One audience member asked whether these techniques were compatible with user-space applications that do non-standard things like perform their own tracing using a shadow stack. Olsa answered that this would cause problems. For example, programs written in Go have a shadow stack that would notice return probes being inserted and crash the application.

Olsa then explained the benchmarks that he was using to actually measure the overhead of uprobes. He focused on benchmarks involving three different instructions, since those are all common cases and use slightly different implementations: a nop instruction, a push instruction, and a ret instruction. For each one, he patched in a uprobe over the instruction, and then measured the time it took to execute the uprobe. To speed return probes up, Olsa would like to replace the breakpoint instruction with a new uretprobe() system call. On x86, system calls are generally faster than triggering a breakpoint — about a 31% speedup on Intel CPUs, and a 10% speedup on AMD CPUs in this case, he noted. The audience member wondered if the difference was because of the speculative-execution side-channel mitigations required by each platform, since Intel needs mitigations for both Spectre and Meltdown, but AMD is only affected by Spectre.

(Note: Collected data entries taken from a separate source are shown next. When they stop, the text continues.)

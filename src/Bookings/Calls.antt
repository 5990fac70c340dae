-- ===== src/Bookings/Calls.antt =====
-- What each call of backend/src/bookings/bookings.service.ts does to the database.
use event_now.Prelude.{
  ℕ, ◌+◌, ◌-◌, ◌≤◌, ◌≡◌, false, none, some, arith, Option-cases, inl, inr, ◌⊎◌, ◌↔◌,
}
use event_now.Prelude.Outcome.{ok, err, final}
use event_now.Prisma.{Prisma}
use event_now.Http.{HttpException, record_not_found}
use event_now.Database.{Event, Db, Booking, BookingStatus, TicketCategory}
use event_now.Bookings.{
  CreateBookingDto, create_booking, confirm_booking, cancel_booking, expire_booking, ten_minutes,
  is_confirmed,
}

abbrev pub new_booking : ℕ → CreateBookingDto → ℕ → Booking
new_booking user_id dto now = record {
  user_id = user_id;
  ticket_category_id = dto.ticket_category_id;
  quantity = dto.quantity;
  status = BookingStatus.pending;
  expires_at = now + ten_minutes;
  order_id = none;
}

module _ {p : Prisma} where
  -- The state after a booking is made.
  abbrev pub booked : ℕ → CreateBookingDto → ℕ → Db p → Db p
  booked user_id dto now d = record d {
    ticket_category =
        p.modify dto.ticket_category_id
          (λ c. record c { current_stock = c.current_stock - dto.quantity }) d.ticket_category;
    booking = p.create (new_booking user_id dto now) d.booking;
  }

  pub create_booking_cases :
      (P : Db p → Type 0) (user_id : ℕ) (dto : CreateBookingDto) (now : ℕ) (d : Db p)
      → P d
      → ((c : TicketCategory)
          → p.find_unique dto.ticket_category_id d.ticket_category ≡ some c
          → dto.quantity ≤ c.current_stock
          → P (booked user_id dto now d))
      → P (final (create_booking user_id dto now d))
  unfolding create_booking
  create_booking_cases P user_id dto now d kept done =
      elim (Option-cases (p.find_unique dto.ticket_category_id d.ticket_category)) [
        | inl e ↦ ground arith
        | inr (c, e) ↦ ground (arith, done c)
      ]

  pub confirm_booking_cases :
      (P : Db p → Type 0) (id user_id now : ℕ) (d : Db p)
      → P d
      → ((b : Booking)
          → p.find_unique id d.booking ≡ some b
          → b.user_id ≡ user_id
          → b.status ≡ BookingStatus.pending
          → now ≤ b.expires_at
          → P (record d {
            booking = p.modify id (λ b. record b { status = BookingStatus.confirmed }) d.booking;
          }))
      → P (final (confirm_booking id user_id now d))
  unfolding confirm_booking
  confirm_booking_cases P id user_id now d kept done =
      elim (Option-cases (p.find_unique id d.booking)) [
        | inl e ↦ ground arith
        | inr (b, e) ↦ ground (arith, done b)
      ]

  -- A booking's quantity goes back to the stock, and the booking ends with the status `s`.
  abbrev pub given_back : ℕ → Booking → BookingStatus → Db p → Db p
  given_back id b s d = record d {
    ticket_category =
        p.modify b.ticket_category_id
          (λ c. record c { current_stock = c.current_stock + b.quantity }) d.ticket_category;
    booking = p.modify id (λ b. record b { status = s }) d.booking;
  }

  pub cancel_booking_cases :
      (P : Db p → Type 0) (id user_id : ℕ) (d : Db p)
      → P d
      → ((b : Booking)
          → p.find_unique id d.booking ≡ some b
          → b.user_id ≡ user_id
          → is_confirmed b.status ≡ false
          → P (given_back id b BookingStatus.cancelled d))
      → P (final (cancel_booking id user_id d))
  unfolding cancel_booking
  cancel_booking_cases P id user_id d kept done = elim (Option-cases (p.find_unique id d.booking)) [
    | inl e ↦ ground arith
    | inr (b, e) ↦ ground (arith, done b)
  ]

  pub cancel_booking-ok :
      (id user_id : ℕ) (b : Booking) (c : TicketCategory) (d : Db p)
      → p.find_unique id d.booking ≡ some b
      → b.user_id ≡ user_id
      → is_confirmed b.status ≡ false
      → p.find_unique b.ticket_category_id d.ticket_category ≡ some c
      → cancel_booking id user_id d ≡ ok tt (given_back id b BookingStatus.cancelled d)
  unfolding cancel_booking
  cancel_booking-ok id user_id b c d found owner alive category = ground arith

  -- A round of the expiry either gives the quantity back or stops with an exception.
  pub expire_booking_cases :
      (id : ℕ) (b : Booking) (d : Db p)
      → p.find_unique id d.booking ≡ some b
      → (expire_booking (id, b) d ≡ ok tt (given_back id b BookingStatus.expired d))
        ⊎ (expire_booking (id, b) d ≡ err record_not_found d)
  unfolding expire_booking
  expire_booking_cases id b d found =
      elim (Option-cases (p.find_unique b.ticket_category_id d.ticket_category)) [
        | inl e ↦ inr (ground arith)
        | inr (c, e) ↦ inl (ground arith)
      ]

  -- `createBooking` returns exactly when the category and its event are there, the event is not
  -- cancelled and the stock suffices; it then returns the key of the new booking in the state
  -- `booked`.
  pub create_booking_ok_iff :
      (user_id : ℕ) (dto : CreateBookingDto) (now id : ℕ) (d d' : Db p)
      → (create_booking user_id dto now d ≡ ok id d') ↔ (
          (c : TicketCategory) × (e : Event) × (p.find_unique dto.ticket_category_id
              d.ticket_category
            ≡ some c)
          × (p.find_unique c.event_id d.event ≡ some e)
          × (e.cancelled_at ≡ none)
          × (dto.quantity ≤ c.current_stock)
          × (id ≡ p.new_id d.booking)
          × (d' ≡ booked user_id dto now d))
  unfolding create_booking
  create_booking_ok_iff user_id dto now id d d' =
      (forward, λ (c, e, fc, fe, active, enough, same, state). ground arith)
    where
      forward :
          create_booking user_id dto now d ≡ ok id d'
          → (c : TicketCategory) × (e : Event) × (p.find_unique dto.ticket_category_id
                d.ticket_category
              ≡ some c)
            × (p.find_unique c.event_id d.event ≡ some e)
            × (e.cancelled_at ≡ none)
            × (dto.quantity ≤ c.current_stock)
            × (id ≡ p.new_id d.booking)
            × (d' ≡ booked user_id dto now d)
      forward h = elim (Option-cases (p.find_unique dto.ticket_category_id d.ticket_category)) [
        | inl fc ↦ absurd (ground arith)
        | inr (c, fc) ↦ elim (Option-cases (p.find_unique c.event_id d.event)) [
          | inl fe ↦ absurd (ground arith)
          | inr (e, fe) ↦ (c, e, fc, fe, ground arith, ground arith, ground arith, ground arith)
        ]
      ]

  -- Whatever makes `createBooking` throw, the database is as before.
  pub create_booking-err :
      (user_id : ℕ) (dto : CreateBookingDto) (now : ℕ) (d d' : Db p) {e : HttpException}
      → create_booking user_id dto now d ≡ err e d'
      → d' ≡ d
  unfolding create_booking
  create_booking-err user_id dto now d d' h = ground arith

  -- `confirmBooking` returns exactly for the owner of a pending booking that is in time, and then
  -- only changes the status of the booking.
  pub confirm_booking_ok_iff :
      (id user_id now : ℕ) (d d' : Db p)
      → (confirm_booking id user_id now d ≡ ok tt d') ↔ (
          (b : Booking) × (p.find_unique id d.booking ≡ some b)
          × (b.user_id ≡ user_id)
          × (b.status ≡ BookingStatus.pending)
          × (now ≤ b.expires_at)
          × (d' ≡ record d {
            booking = p.modify id (λ b. record b { status = BookingStatus.confirmed }) d.booking;
          }))
  unfolding confirm_booking
  confirm_booking_ok_iff id user_id now d d' =
      (forward, λ (b, found, owner, pending, in_time, state). ground arith)
    where
      forward :
          confirm_booking id user_id now d ≡ ok tt d'
          → (b : Booking) × (p.find_unique id d.booking ≡ some b)
            × (b.user_id ≡ user_id)
            × (b.status ≡ BookingStatus.pending)
            × (now ≤ b.expires_at)
            × (d' ≡ record d {
              booking = p.modify id (λ b. record b { status = BookingStatus.confirmed }) d.booking;
            })
      forward h = elim (Option-cases (p.find_unique id d.booking)) [
        | inl e ↦ absurd (ground arith)
        | inr (b, e) ↦ (b, e, ground arith, ground arith, ground arith, ground arith)
      ]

Other probes will require a different approach. Unlike the return-probe work, which has been implemented and measured, Olsa only has prototypes and ideas for the other probes. One idea is to replace the use of a breakpoint instruction with a jump to a trampoline that makes a system call. If it works, it should provide a roughly equivalent speedup. Unfortunately, there are a lot of complications with the idea.

The shortest usable jump instruction on x86 is five bytes, compared to one byte for the breakpoint instruction, meaning that patching to include the jump instruction could actually overwrite multiple instructions. Additionally, five-byte updates aren't atomic; if another thread were in the middle of executing the patched code while the kernel was editing it to deal with instructions that require single-stepping, there could be unexpected application crashes. Finally, the five-byte jump instruction only takes a 32-bit address — so using that approach would potentially require multiple trampolines placed throughout a process's address space.

Even with so many potential problems, there is a strong motivation to solve them. Olsa noted that if you "ignore those issues and just try", it can result in a 250% speedup. So with that context, he wanted to discuss whether anyone had ideas about how to make the approach work. He opened the discussion by suggesting a hybrid approach: write a breakpoint opcode, write the jump offset, and then write the jmp opcode. An audience member thought that it may not be safe to do that, pointing out that the only approach to editing code as it is being executed that Intel claims is actually supported is writing a breakpoint opcode. He also noted another problem with using a jump instruction: since it is more than one byte, it's entirely possible that code could jump into the middle of the jump instruction.

Andrii Nakryiko noted that if they had to deal with synchronization problems anyway, it could make sense to use a longer jump instruction so that multiple trampolines would not be needed. Shung-Hsi Yu asked whether changing the size of the no-op instructions used would require changing the headers used by the user-space tracing infrastructure. Olsa said that it might, but that something needed to change for performance to improve.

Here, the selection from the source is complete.